Most of the walls in this place look like they have never been cleaned, so I think they will just repaint when it gets ugly. I could get a lot of work out of this place.

I have been reading the posts about primers on new drywall - goes against everything I have taught.

I am looking for best options.

Thanks in advance. 

Newbie 

(PS be nice - I am a girl)


----------



## ProWallGuy (Apr 7, 2007)

stewball said:


> (PS be nice - I am a girl)


Thanks, that made me laugh. 

I would apply Gardz to the new drywall. I would actually prime the old chalky paint with Gardz also.

As for the multiple colors, you should have listed in a "scope of work" section of your contract exactly what you would be doing in return for the pay. such as 1 primer, 1 finish coat. That way if they pop up with dark colors, you can tell them that you will need to apply X number of coats for $X.

For the conduit, can you use one of these:


----------



## ProWallGuy (Apr 7, 2007)

Oh, forgot to add that the sheen level would be up to them. I as a professional would make the proper recommendations, but let them make the call, and them make them sign off on it.


----------



## Tonyg (Dec 9, 2007)

stewball said:


> (PS be nice - I am a girl)


:laughing: Thats ok - most of the guys around here are too!


Since youve already got burned with the multiple coats I would let them know that the quote was for flat and if they wanted anything else it would cost extra - and then you could make your money back. I would do one coat primer - PrePrite or ProBlock - and ONE coat flat Promar 200. Throw a little tint in your primer. 

If it has never been painted, and only 1/3 painted for the past year, I would not count on getting much work from them since they are not likely to be too worried about appearance.

Ideally it would be painted with a washable coating but they are not going to wash it anyway and unless this is in a customer area they are more likely to just repaint it in another 10 years. Besides, multiple coats in semi-gloss should definitely be an add-on IMO


----------



## Mantis (Aug 4, 2008)

Either problock or prep-rite 200 primer would be a fine to prime with. Tinting the primer would be an idea if you're trying to get by with 2 total coats. I'm not sure how viable that would be with 3 different colors though. Otherwise I would prime the bare drywall and finish with 2 coats of Pro-Mar 200 Low Sheen. We use a quite of bit of this for our commercial jobs and it's a great product for the price.


----------



## canadianpainter (Mar 7, 2009)

We only do large commercial jobs and it's really rare that we use flat. The only time we use flat is when there's a lot of critical light.


----------



## stewball (Apr 7, 2009)

Thanks for not laughing me off the forum! 

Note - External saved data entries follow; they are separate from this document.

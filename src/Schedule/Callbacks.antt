-- ===== src/Schedule/Callbacks.antt =====
-- The callbacks of the schedule query as functions of the attributes.
use libmio.Base.{
  ◌+◌, ◌≡◌, refl, String, true, false, Option, none, some, str_eq, if◌then◌else◌, ◌>>=◌, add_last,
}
use libmio.Decimal.{negsuc}
use libmio.Xml.{Attrs, attribute, Distinct}
use libmio.Xml.Scan.{scan, apply_to, member-scan, member-untouched}
use libmio.Response.{ResponseType, PacketType, on_packet}
use libmio.Response.Errors.{noted, xml_error_handler-noted}
use libmio.Handlers.Renamed.{renaming}
use libmio.Handlers.Visit.{Visitor, Agrees, >>=-cong}
use libmio.Schedule.{Event, event_new, recurrence_new, scan_id}
use libmio.Schedule.Query.{
  Reading, on_event, event_attribute, start_schedule_query, schedule_reader,
}

-- What the scan over the attributes of an `event` element yields.
abbrev pub received : (String → Option String) → Event
received a = record {
  id = apply_to scan_id (negsuc 0) (a "id");
  tranducer_name = apply_to (λ v _. some v) none (a "transducerName");
  transducer_value = apply_to (λ v _. some v) none (a "transducerValue");
  time = apply_to (λ v _. some v) none (a "time");
  info = apply_to (λ v _. some v) none (a "info");
  recurrence = none;
}

scan-received :
    (attrs : Attrs)
    → Distinct attrs
    → scan event_attribute event_new attrs ≡ received (λ k. attribute k attrs)
scan-received attrs once =
    let i =
      member-scan event_attribute (λ e. e.id) "id" scan_id (λ _ _ _. refl) attrs event_new once in
    let n =
      member-scan event_attribute (λ e. e.tranducer_name) "transducerName" (λ v _. some v)
        (λ _ _ _. refl) attrs event_new once in
    let v =
      member-scan event_attribute (λ e. e.transducer_value) "transducerValue" (λ v _. some v)
        (λ _ _ _. refl) attrs event_new once in
    let t =
      member-scan event_attribute (λ e. e.time) "time" (λ v _. some v) (λ _ _ _. refl) attrs
        event_new once in
    let f =
      member-scan event_attribute (λ e. e.info) "info" (λ v _. some v) (λ _ _ _. refl) attrs
        event_new once in
    let r = member-untouched event_attribute (λ e. e.recurrence) (λ _ _ _. refl) attrs event_new in
    λ j. record {
      id = i j;
      tranducer_name = n j;
      transducer_value = v j;
      time = t j;
      info = f j;
      recurrence = r j;
    }

abbrev pub visitor : Visitor Reading
visitor = record {
  enter = λ s _ _ name a.
      let with_items =
        if str_eq name "items"
        then on_packet (record s.response { response_type = ResponseType.packet })
            (λ p. record p { type = PacketType.schedule })
        else some s.response in
      with_items >>= λ r.
      if str_eq name "event"
      then (on_packet r (λ p. record p {
        num_payloads = p.num_payloads + 1;
        payload = add_last p.payload (received a);
      })
          >>= λ r'. some (record { response = r'; filling = false; pointed = true }))
      else if str_eq name "recurrence"
      then (on_event (record s { response = r })
            (λ e. some (record e { recurrence = some recurrence_new }))
          >>= λ s'. some (record s' { filling = true }))
      else if str_eq name "error"
      then some (record s { response = noted a r })
      else some (record s { response = r });
  on_text = schedule_reader.at_chars;
}

pub schedule_reader-visitor : Agrees (renaming false schedule_reader) visitor
unfolding start_schedule_query
schedule_reader-visitor = record {
  plain = refl;
  at_start = λ s prev around n attrs once.
      let with_items =
        if str_eq n "items"
        then on_packet (record s.response { response_type = ResponseType.packet })
            (λ p. record p { type = PacketType.schedule })
        else some s.response in
      >>=-cong with_items
        (λ r. rw (scan-received attrs once, xml_error_handler-noted attrs r once));
  at_chars = λ _ _ _. refl;
}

I don't think we got burned - there is enough profit left. 

Picture a large room partitioned into three smaller rooms with 8' partitions. I was planning to prime and put 2 coats on the new partition. That's the easy part. The original walls are the ugly part - 12' high, half semi gloss and and half old paint. That's the part I would like to do in 2 coats. I already talked them out of dark colors, as it would just be too oppressive.

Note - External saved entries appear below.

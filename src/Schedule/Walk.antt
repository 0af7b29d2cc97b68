-- ===== src/Schedule/Walk.antt =====
-- The walk over the item of a schedule.
use libmio.Handlers.{at_next, ElementName}
use libmio.Base.{
  ℕ, ◌==◌, ◌||◌, not, if◌then◌else◌, false, ◌≡◌, refl, ap, ◌∙◌, String, Bool, true, List, [], ◌∷◌,
  Option, none, some, str_eq, ◌>>=◌, update_last-append,
}
use Prim.Native.Char.{code}
use libmio.Xml.{Tree, Forest, element, text, nil, cons, snoc, with_child}
use libmio.Response.{Response, Packet}
use libmio.Response.Payloads.{holding, with_more}
use libmio.Handlers.Visit.{visit, visit_all, last_name_all}
use libmio.Handlers.Snoc.{visit_all-snoc}
use libmio.Geoloc.{fill}
use libmio.Schedule.{Event, Recurrence, recurrence_new}
use libmio.Schedule.Query.{Reading, string_recurrence, recurrence_chars}
use libmio.Schedule.Callbacks.{visitor}

-- Texts go to the recurrence `q` of the event `e` at the end of the packet.
abbrev pub filled : Response (List Event) → Packet (List Event) → Event → Recurrence → Reading
filled r p e q = record {
  response = holding r (with_more (record e { recurrence = some q } ∷ []) p);
  filling = true;
  pointed = true;
}

abbrev pub put : Bool → Option String → Option String → Option String
put named none old = old
put named (some t) old = fill named t old

-- What the element `name`, if it is there, does to the recurrence.
abbrev pub put_chars : String → Option String → Recurrence → Recurrence
put_chars name t r = record {
  freq = put (str_eq name "freq") t r.freq;
  interval = put (str_eq name "interval") t r.interval;
  count = put (str_eq name "count") t r.count;
  until = put (str_eq name "until") t r.until;
  bymonth = put (str_eq name "bymonth") t r.bymonth;
  byday = put (str_eq name "byday") t r.byday;
  exdate = put (str_eq name "exdate") t r.exdate;
}

-- A character at which expat does not end a callback: no line end, and none that libstrophe escapes.
abbrev pub is_plain_char : ℕ → Bool
is_plain_char k =
    not (k == b'&' || k == b'<' || k == b'>' || k == b'"' || k == 39 || k == 10 || k == 13)

unfoldable pub is_plain : String → Bool
is_plain String.[] = true
is_plain (String.◌∷◌ c t) = let rest = is_plain t in if is_plain_char (code c) then rest else false

-- A text that expat reports in one callback.
abbrev pub IsText : Option String → Type 0
IsText none = Unit
IsText (some String.[]) = ⊥
IsText (some (String.◌∷◌ c t)) = is_plain (String.◌∷◌ c t) ≡ true

string_recurrence-filled :
    (r : Response (List Event)) (p : Packet (List Event)) (e : Event) (q : Recurrence)
    (name t : String)
    → string_recurrence (filled r p e q) (some name) t
      ≡ some (filled r p e (recurrence_chars name t q))
unfolding string_recurrence
string_recurrence-filled r p e q name t = rw (
    update_last-append
      (λ e'.
        e'.recurrence >>= λ q'. some (record e' { recurrence = some (recurrence_chars name t q') }))
      p.payload (record e { recurrence = some q }) _ refl)

-- An element whose children fill the recurrence as `q`.
pub record Fills (t : Tree) (q : Recurrence) : Type 0 where
  pub attributes : String → Option String
  pub children : Forest
  pub shape : t ≡ element (some "recurrence") attributes children
  pub runs :
      (around : Option String) (curr : ElementName) (r : Response (List Event))
      (p : Packet (List Event)) (e : Event)
      → visit_all visitor around curr children (filled r p e recurrence_new) ≡ some (filled r p e q)

abbrev pub plain_element : String → String → Tree
plain_element name t = element (some name) (λ _. none) (cons (text t) nil)

abbrev pub IsPassed : String → Type 0
IsPassed name =
    (around : Option String) (curr : ElementName) (r : Response (List Event))
    (p : Packet (List Event)) (e : Event) (q : Recurrence)
    → visitor.enter (filled r p e q) curr around name (λ _. none) ≡ some (filled r p e q)

pub Fills-plain_element :
    (t : Tree) (q : Recurrence) (name v : String)
    → IsPassed name
    → IsText (some v)
    → Fills t q
    → Fills (with_child (plain_element name v) t) (recurrence_chars name v q)
Fills-plain_element t q name String.[] passed h f = absurd h
Fills-plain_element t q name (String.◌∷◌ c v) passed h f = record {
  attributes = f.attributes;
  children = snoc f.children (plain_element name (String.◌∷◌ c v));
  shape = ap (with_child (plain_element name (String.◌∷◌ c v))) f.shape;
  runs = λ around curr r p e.
      visit_all-snoc visitor around curr f.children (plain_element name (String.◌∷◌ c v))
        (filled r p e recurrence_new)
      ∙ ap
          (λ m.
            m
            >>= visit visitor around (last_name_all curr f.children)
                (plain_element name (String.◌∷◌ c v)))
          (f.runs around curr r p e)
      ∙ rw (
        passed around (at_next (last_name_all curr f.children)) r p e q,
        string_recurrence-filled r p e q name (String.◌∷◌ c v),
      );
}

I was leaning toward going flat because I did the taping on the new drywall, (not bad, but not class 5) and the old walls have lots of irregularities. I figure they will repaint instead of cleaning. *Is low sheen the standard for commercial work? *

I like to save time and money, but the best way is more important. 

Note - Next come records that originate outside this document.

-- ===== src/Tests/Codes.antt =====
-- Values as lists of numbers, each read back from in front of any others.
use Prim.Native.Nat.{Ordering, compare}
use Prim.Native.Char.{Char, char, code, nul, IsLt}
use Prim.Native.String.{[] as empty, ◌∷◌ as ◌first◌}
use text.Mathlib.TextEquality.{Char-path}
use neu_chain.Prelude.{
  ℕ, zero, suc, ◌≡◌, refl, ap, ◌∙◌, String, Bool, true, false, not, Option, none, some, List, [],
  ◌∷◌, ◌++◌, ◌==◌, length, if◌then◌else◌,
}
use mathlib.Core.List.{append_assoc}

abbrev pub Codes : Type 0
Codes = List ℕ

pub record Codec (A : Type 0) : Type 0 where
  pub write : A → Codes
  pub read : Codes → Option (A × Codes)
  pub read-write : (a : A) (b : Codes) → read (write a ++ b) ≡ some (a, b)

abbrev read_number : Codes → Option (ℕ × Codes)
read_number [] = none
read_number (n ∷ b) = some (n, b)

abbrev pub number : Codec ℕ
number = record { write = λ n. n ∷ []; read = read_number; read-write = λ n b. refl }

module _ {A : Type 0} {B : Type 0} where
  -- A value that is kept as another one.
  abbrev pub kept_as : (put : A → B) (get : B → A) → ((a : A) → get (put a) ≡ a) → Codec B → Codec A
  kept_as put get back c = record {
    write = λ a. c.write (put a);
    read = λ b. elim (c.read b) [ none ↦ none | some (x, b') ↦ some (get x, b') ];
    read-write = λ a b.
        ap (λ o. elim o [ none ↦ none | some p ↦ some (get p.0, p.1) ]) (c.read-write (put a) b)
        ∙ ap (λ x. some (x, b)) (back a);
  }

  abbrev read_pair : Codec A → Codec B → Codes → Option ((A × B) × Codes)
  read_pair c d b = elim (c.read b) [
    | none ↦ none
    | some (x, b') ↦ elim (d.read b') [ none ↦ none | some (y, b'') ↦ some ((x, y), b'') ]
  ]

  abbrev pub pair : Codec A → Codec B → Codec (A × B)
  pair c d = record {
    write = λ p. c.write p.0 ++ d.write p.1;
    read = read_pair c d;
    read-write = λ p b.
        ap (read_pair c d) (append_assoc (c.write p.0) (d.write p.1) b)
        ∙ ap
            (λ o. elim o [
              | none ↦ none
              | some q ↦ elim (d.read q.1) [ none ↦ none | some r ↦ some ((q.0, r.0), r.1) ]
            ])
            (c.read-write p.0 (d.write p.1 ++ b))
        ∙ ap (λ o. elim o [ none ↦ none | some r ↦ some ((p.0, r.0), r.1) ]) (d.read-write p.1 b);
  }

module _ {A : Type 0} (c : Codec A) where
  abbrev write_all : List A → Codes
  write_all [] = []
  write_all (x ∷ xs) = c.write x ++ write_all xs

  abbrev read_all : ℕ → Codes → Option (List A × Codes)
  read_all zero b = some ([], b)
  read_all (suc n) b = elim (c.read b) [
    | none ↦ none
    | some (x, b') ↦ elim (read_all n b') [ none ↦ none | some (xs, b'') ↦ some (x ∷ xs, b'') ]
  ]

  pub read_all-write_all :
      (xs : List A) (b : Codes) → read_all (length xs) (write_all xs ++ b) ≡ some (xs, b)
  read_all-write_all [] b = refl
  read_all-write_all (x ∷ xs) b =
      ap (read_all (suc (length xs))) (append_assoc (c.write x) (write_all xs) b)
      ∙ ap
          (λ o. elim o [
            | none ↦ none
            | some p ↦ elim (read_all (length xs) p.1) [
              | none ↦ none
              | some r ↦ some (p.0 ∷ r.0, r.1)
            ]
          ])
          (c.read-write x (write_all xs ++ b))
      ∙ ap (λ o. elim o [ none ↦ none | some r ↦ some (x ∷ r.0, r.1) ]) (read_all-write_all xs b)

  abbrev read_list : Codes → Option (List A × Codes)
  read_list [] = none
  read_list (n ∷ b) = read_all n b

  abbrev pub list : Codec (List A)
  list = record {
    write = λ xs. length xs ∷ write_all xs;
    read = read_list;
    read-write = read_all-write_all;
  }

pub number_of-flag : (f : Bool) → not ((if f then 1 else 0) == 0) ≡ f
number_of-flag true = refl
number_of-flag false = refl

abbrev pub flag : Codec Bool
flag = kept_as (λ f. if f then 1 else 0) (λ n. not (n == 0)) number_of-flag number

-- `IsScalar` by the three comparisons.
abbrev IsBelow : Ordering → Ordering → Type 0
IsBelow Ordering.lt o = IsLt o
IsBelow Ordering.eq _ = ⊥
IsBelow Ordering.gt _ = ⊥

abbrev IsCode : Ordering → Ordering → Ordering → Type 0
IsCode Ordering.lt _ _ = Unit
IsCode Ordering.eq o p = IsBelow o p
IsCode Ordering.gt o p = IsBelow o p

abbrev below : (o p : Ordering) → Option (IsBelow o p)
below Ordering.lt Ordering.lt = some tt
below Ordering.lt Ordering.eq = none
below Ordering.lt Ordering.gt = none
below Ordering.eq _ = none
below Ordering.gt _ = none

abbrev is_code : (o p q : Ordering) → Option (IsCode o p q)
is_code Ordering.lt _ _ = some tt
is_code Ordering.eq p q = below p q
is_code Ordering.gt p q = below p q

below-some : (o p : Ordering) → IsBelow o p → (y : IsBelow o p) × (below o p ≡ some y)
below-some Ordering.lt Ordering.lt x = (tt, refl)
below-some Ordering.lt Ordering.eq x = elim x [ ]
below-some Ordering.lt Ordering.gt x = elim x [ ]
below-some Ordering.eq p x = elim x [ ]
below-some Ordering.gt p x = elim x [ ]

is_code-some : (o p q : Ordering) → IsCode o p q → (y : IsCode o p q) × (is_code o p q ≡ some y)
is_code-some Ordering.lt _ _ x = (tt, refl)
is_code-some Ordering.eq p q x = below-some p q x
is_code-some Ordering.gt p q x = below-some p q x

abbrev char_of : ℕ → Char
char_of n = elim (is_code (compare n 55296) (compare 57343 n) (compare n 1114112)) [
  | none ↦ nul
  | some x ↦ char n x
]

char_of-code : (c : Char) → char_of (code c) ≡ c
char_of-code (char n x) =
    let (y, e) = is_code-some (compare n 55296) (compare 57343 n) (compare n 1114112) x in
    ap (λ o. elim o [ none ↦ nul | some z ↦ char n z ]) e ∙ Char-path (char n y) (char n x) refl

abbrev pub bytes : String → Codes
bytes empty = []
bytes (c first s) = code c ∷ bytes s

abbrev pub chars : Codes → String
chars [] = empty
chars (n ∷ b) = char_of n first chars b

pub chars-bytes : (s : String) → chars (bytes s) ≡ s
chars-bytes empty = refl
chars-bytes (c first s) =
    ap (λ d. d first chars (bytes s)) (char_of-code c) ∙ ap (λ r. c first r) (chars-bytes s)

abbrev pub string : Codec String
string = kept_as bytes chars chars-bytes (list number)
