-- ===== src/Tests/Wire.antt =====
-- The theorems on the two formats of a transaction at concrete inputs: numbers stand for themselves,
-- and the hash of any bytes is 32 zeros.
use neu_chain.Prelude.{
  ℕ, zero, suc, ◌≡◌, refl, ap, ◌∙◌, none, some, Option, [], ◌∷◌, ◌++◌, length, sym, some_inj, arith,
}
use neu_chain.RwSet.{KvRead, KvWrite, KvRwSet}
use neu_chain.Transaction.{Transaction, TransactionPayload, new_transaction}
use neu_chain.Transaction.Wire.{Coding, body, reads_on, deserialize_from_string}
use neu_chain.Transaction.Wire.RoundTrip.{deserialize_from_string-serialize_to_string}
use neu_chain.Tests.Data.{copy, set_of}
use neu_chain.Tests.Codes.{
  Codes, Codec, number, kept_as, pair, list, flag, string, bytes, chars, chars-bytes,
}
use mathlib.Core.List.{append-nil}

abbrev payload : Codec TransactionPayload
payload =
    kept_as (λ p. ((p.header, p.payload), (p.nonce, p.digest)))
      (λ q. record { header = q.0.0; payload = q.0.1; nonce = q.1.0; digest = q.1.1 }) (λ p. refl)
      (pair (pair string string) (pair number string))

abbrev one_read : Codec KvRead
one_read =
    kept_as (λ r. (r.table, (r.key, r.value)))
      (λ q. record { table = q.0; key = q.1.0; value = q.1.1 }) (λ r. refl)
      (pair string (pair string string))

abbrev one_write : Codec KvWrite
one_write =
    kept_as (λ w. ((w.table, w.key), (w.value, w.is_delete)))
      (λ q. record { table = q.0.0; key = q.0.1; value = q.1.0; is_delete = q.1.1 }) (λ w. refl)
      (pair (pair string string) (pair string flag))

abbrev rw_set : Codec KvRwSet
rw_set =
    kept_as (λ s. (s.reads, s.writes)) (λ q. record { reads = q.0; writes = q.1 }) (λ s. refl)
      (pair (list one_read) (list one_write))

abbrev pub first_of : {A : Type 0} → Option (A × Codes) → Option A
first_of none = none
first_of (some p) = some p.0

pub first_of-read : {A : Type 0} (c : Codec A) (a : A) → first_of (c.read (c.write a)) ≡ some a
first_of-read c a =
    ap (λ b. first_of (c.read b)) (sym (append-nil (c.write a))) ∙ ap first_of (c.read-write a [])

abbrev pub take_exactly : ℕ → Codes → Option (Codes × Codes)
take_exactly zero b = some ([], b)
take_exactly (suc n) [] = none
take_exactly (suc n) (x ∷ b) = elim (take_exactly n b) [
  | none ↦ none
  | some (s, r) ↦ some (x ∷ s, r)
]

pub take_exactly-append : (s b : Codes) → take_exactly (length s) (s ++ b) ≡ some (s, b)
take_exactly-append [] b = refl
take_exactly-append (x ∷ s) b =
    ap (λ o. elim o [ none ↦ none | some p ↦ some (x ∷ p.0, p.1) ]) (take_exactly-append s b)

abbrev pub zeros : ℕ → Codes
zeros zero = []
zeros (suc n) = 0 ∷ zeros n

abbrev pub plain : Coding
plain = record {
  write_varint = number.write;
  read_varint64 = number.read;
  read_varint32 = number.read;
  read_string = take_exactly;
  bytes = bytes;
  text = chars;
  serialize_payload = payload.write;
  parse_payload = λ b. first_of (payload.read b);
  serialize_rw_set = rw_set.write;
  parse_rw_set = λ b. first_of (rw_set.read b);
  hash = λ b. some (zeros 32);
  read_varint64-write = λ n b h. refl;
  read_varint32-write = λ n b h. refl;
  read_string-append = λ s b h. take_exactly-append s b;
  hash-length = λ b d e. ap length (sym (some_inj e));
  text-bytes = chars-bytes;
  parse_payload-serialize = first_of-read payload;
  parse_rw_set-serialize = first_of-read rw_set;
}

abbrev pub sent : Transaction
sent = record (copy 7 "a" "b") { rw_set = set_of "a" "b" "a" }

deserialize_from_string-serialize_to_string_example :
    deserialize_from_string plain (body plain sent ++ zeros 32) new_transaction ≡ reads_on [] sent
deserialize_from_string-serialize_to_string_example =
    deserialize_from_string-serialize_to_string plain sent new_transaction
      (body plain sent ++ zeros 32) (omega arith) (omega arith) (omega arith) (omega arith) refl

I am not locked into SW. The local Ace place is closing out their top end Pratt and Lambart for $25 a gallon, about the same price as Pro Mar 200.

I can get Zinsser products in 5's, but I haven't found Gardz. Is it worth searching out?


----------



## chrisn (Jul 15, 2007)

I can get Zinsser products in 5's, but I haven't found Gardz. Is it worth searching out?

Absolutly http://www.zinsser.co.nz/wtb-GARDZ.asp?SID=11&WID=27

*Is low sheen the standard for commercial work? *


Eggshell or better is what I have always seen.


----------



## Mantis (Aug 4, 2008)

Gardz is a great product to use removing wallpaper to keep the glue from becoming problematic, or if you need to seal drywall to keep the paper from fuzzing up. Other than that I almost never use the stuff. However, if you decide you wanted to use Gardz, you would want to prime over top of it with problock or prep-rite anyway. 

As far as pro-mar Low Sheen being 'stanard', i guess, its not as commonly used in commercial work. But I dont like pro-mar eggshell to much, so unless it's in a very high traffic area, i'll use the low sheen. I've used it on a considerable amount of jobs since it came on the market about 18 months ago. I cant think of a reason to use eggshell or semi over it unless the customer desires the specific sheen the later gives you.


----------



## BrushJockey (Mar 15, 2009)

I'm with Mantis on the Gardz- it is a great problem solver and you should learn about it for other projects, but you need something that has coverage, and Gardz is clear. Might want a bonding primer for going over the old semi. 
I would think Kilz 2 or Zinsser Fast Prime with a bit of tint would do it.


----------